I am extremely skeptical of a 27M parameter model being trained “from scratch” on 1000 datapoints. I am likewise incredulous of the lack of comparison with any other model which is trained “from scratch” using their data preparation. Instead they strictly compare with 3rd party LLMs which are massively more general purpose and may not have any of those 1000 examples in their training set.

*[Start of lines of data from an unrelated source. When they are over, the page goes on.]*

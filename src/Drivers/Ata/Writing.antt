-- ===== src/Drivers/Ata/Writing.antt =====
-- What `ata_write_sectors` sends to a disk that answers.
use chef_os.Prelude.{
  ℕ, zero, suc, ◌+◌, ◌*◌, ◌≡◌, refl, ap, ◌∙◌, sym, List, [], ◌∷◌, ◌++◌, Option, none, some, arith,
}
use mathlib.Core.List.{append_assoc, append-nil}
use chef_os.Drivers.Timer.{PortWrite}
use chef_os.Drivers.Polling.{Ports, write_all, poll-Polled}
use chef_os.Drivers.Ata.{
  not_busy, ata_primary_data, command_writes, wait_sector, write_words, write_loop,
  ata_write_sectors,
}
use chef_os.Drivers.Ata.Sectors.{Answers, wait_sector-Polled}

-- The words `from`, `from` + 1, ... of a buffer, `n` of them, sent to the data port.
unfoldable pub data_writes : (buffer : ℕ → ℕ) → (from n : ℕ) → List PortWrite
data_writes buffer from zero = []
data_writes buffer from (suc n) =
    record { port = ata_primary_data; value = buffer from } ∷ data_writes buffer (from + 1) n

data_writes-append :
    (buffer : ℕ → ℕ) (from n m : ℕ)
    → data_writes buffer from n ++ data_writes buffer (from + n) m ≡ data_writes buffer from (n + m)
unfolding data_writes
data_writes-append buffer from zero m =
    let at : from + 0 ≡ from = omega arith in rw at (ap (data_writes buffer from) (omega arith))
data_writes-append buffer from (suc n) m =
    let at : from + suc n ≡ from + 1 + n = omega arith in
    let more : suc n + m ≡ suc (n + m) = omega arith in
    rw (at, more)
      (ap (λ l. record { port = ata_primary_data; value = buffer from } ∷ l)
        (data_writes-append buffer (from + 1) n m))

write_words_lem :
    (left i : ℕ) (buffer : ℕ → ℕ) (a : Ports)
    → (write_words left i buffer a).writes ≡ a.writes ++ data_writes buffer i left
unfolding write_words data_writes
write_words_lem zero i buffer a = sym (append-nil a.writes)
write_words_lem (suc left) i buffer a =
    write_words_lem left (i + 1) buffer _
    ∙ append_assoc a.writes (record { port = ata_primary_data; value = buffer i } ∷ [])
        (data_writes buffer (i + 1) left)

-- The disk to which the words were sent.
abbrev Sent : List PortWrite → Ports → Option Ports → Type 0
Sent ws a r = (b : Ports) × (r ≡ some b) × (b.writes ≡ a.writes ++ ws)

module _ (fuel : ℕ) (status : ℕ → ℕ) (h : Answers fuel status) where
  write_loop-step :
      (left i : ℕ) (buffer : ℕ → ℕ) (a b : Ports)
      → wait_sector fuel status a ≡ some b
      → write_loop (suc left) fuel i status buffer a
        ≡ write_loop left fuel (i + 256) status buffer (write_words 256 i buffer b)
  unfolding write_loop
  write_loop-step left i buffer a b e =
      ap
        (λ r. elim r as (λ z. Option Ports) [
          | none ↦ none
          | some c ↦ write_loop left fuel (i + 256) status buffer (write_words 256 i buffer c)
        ])
        e

  write_loop-Sent :
      (left i : ℕ) (buffer : ℕ → ℕ) (a : Ports)
      → Sent (data_writes buffer i (256 * left)) a (write_loop left fuel i status buffer a)
  unfolding write_loop data_writes
  write_loop-Sent zero i buffer a = (a, refl, sym (append-nil a.writes))
  write_loop-Sent (suc left) i buffer a =
      let (b, e, d, w) = wait_sector-Polled fuel status a h in
      let sent = write_words_lem 256 i buffer b in
      let (c, f, p) = write_loop-Sent left (i + 256) buffer (write_words 256 i buffer b) in
      let count : 256 + 256 * left ≡ 256 * suc left = omega arith in
      (
        c,
        write_loop-step left i buffer a b e ∙ f,
        p
            ∙ ap (λ l. l ++ data_writes buffer (i + 256) (256 * left)) sent
            ∙ append_assoc b.writes (data_writes buffer i 256)
                (data_writes buffer (i + 256) (256 * left))
            ∙ ap (λ l. b.writes ++ l) (data_writes-append buffer i 256 (256 * left))
            ∙ ap (λ n. b.writes ++ data_writes buffer i n) count
            ∙ ap (λ l. l ++ data_writes buffer i (256 * suc left)) w,
      )

-- With a disk that shows itself not busy, and with data, in one of any `fuel` reads of its status:
-- `ata_write_sectors` ends, and writes the command to the ports and then the first 256 words for each
-- of the sectors to the data port, in the order of the buffer, and nothing else.
pub ata_write_sectors-sent :
    (fuel : ℕ) (status buffer : ℕ → ℕ) (lba sector_count : ℕ) (a : Ports)
    → Answers fuel status
    → (b : Ports) × (ata_write_sectors fuel status buffer lba sector_count a ≡ some b)
      × (b.writes
          ≡ a.writes
            ++ (command_writes lba sector_count 0x30 ++ data_writes buffer 0 (256 * sector_count)))
unfolding ata_write_sectors
ata_write_sectors-sent fuel status buffer lba sector_count a h =
    let (b, e, d, w) = poll-Polled fuel not_busy status a h.ready in
    let started = write_all (command_writes lba sector_count 0x30) b in
    let (c, f, p) = write_loop-Sent fuel status h sector_count 0 buffer started in
    (
      c,
      ap
            (λ r. elim r as (λ z. Option Ports) [
              | none ↦ none
              | some x ↦
                  write_loop sector_count fuel 0 status buffer
                    (write_all (command_writes lba sector_count 0x30) x)
            ])
            e
          ∙ f,
      p
          ∙ append_assoc b.writes (command_writes lba sector_count 0x30)
              (data_writes buffer 0 (256 * sector_count))
          ∙ ap
              (λ l.
                l
                ++ (command_writes lba sector_count 0x30
                    ++ data_writes buffer 0 (256 * sector_count)))
              w,
    )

This smells like some kind of overfit to me.

▲

cs702 3 days ago | parent [-]

Yeah, the results look incredible indeed. That's why I and many others here have decided to download, review, and test the code published by the authors.[a] If their code doesn't live up to their claims, we will all ignore their work and move on. If their code lives up to their claims, no one can argue with it. In my experience, when authors publish working code, it's usually a good sign.

---

[a] https://github.com/sapientinc/HRM

▲

lumost 3 days ago | parent [-]

Did it work? :)

The architecture is very similar offset lstms which have been studied extensively. The main difference is the handover of the hidden state, which my naive mind would assume makes optimization substantially more difficult.

▲

cs702 3 days ago | parent [-]

I haven't had a chance to read the preprint carefully or play with the code yet. Best place to follow what's happening is by looking at the github repo, specifically open and closed issues and pull requests.

	▲	lumost 2 days ago \| parent [-]
		I'll wait until some more benchmarks are run in this case. Unlike traditional software, vetting a model architecture works better than alternatives is a time and compute intensive process. You really can't just download it and "try it out" outside of general purpose models (which this is not).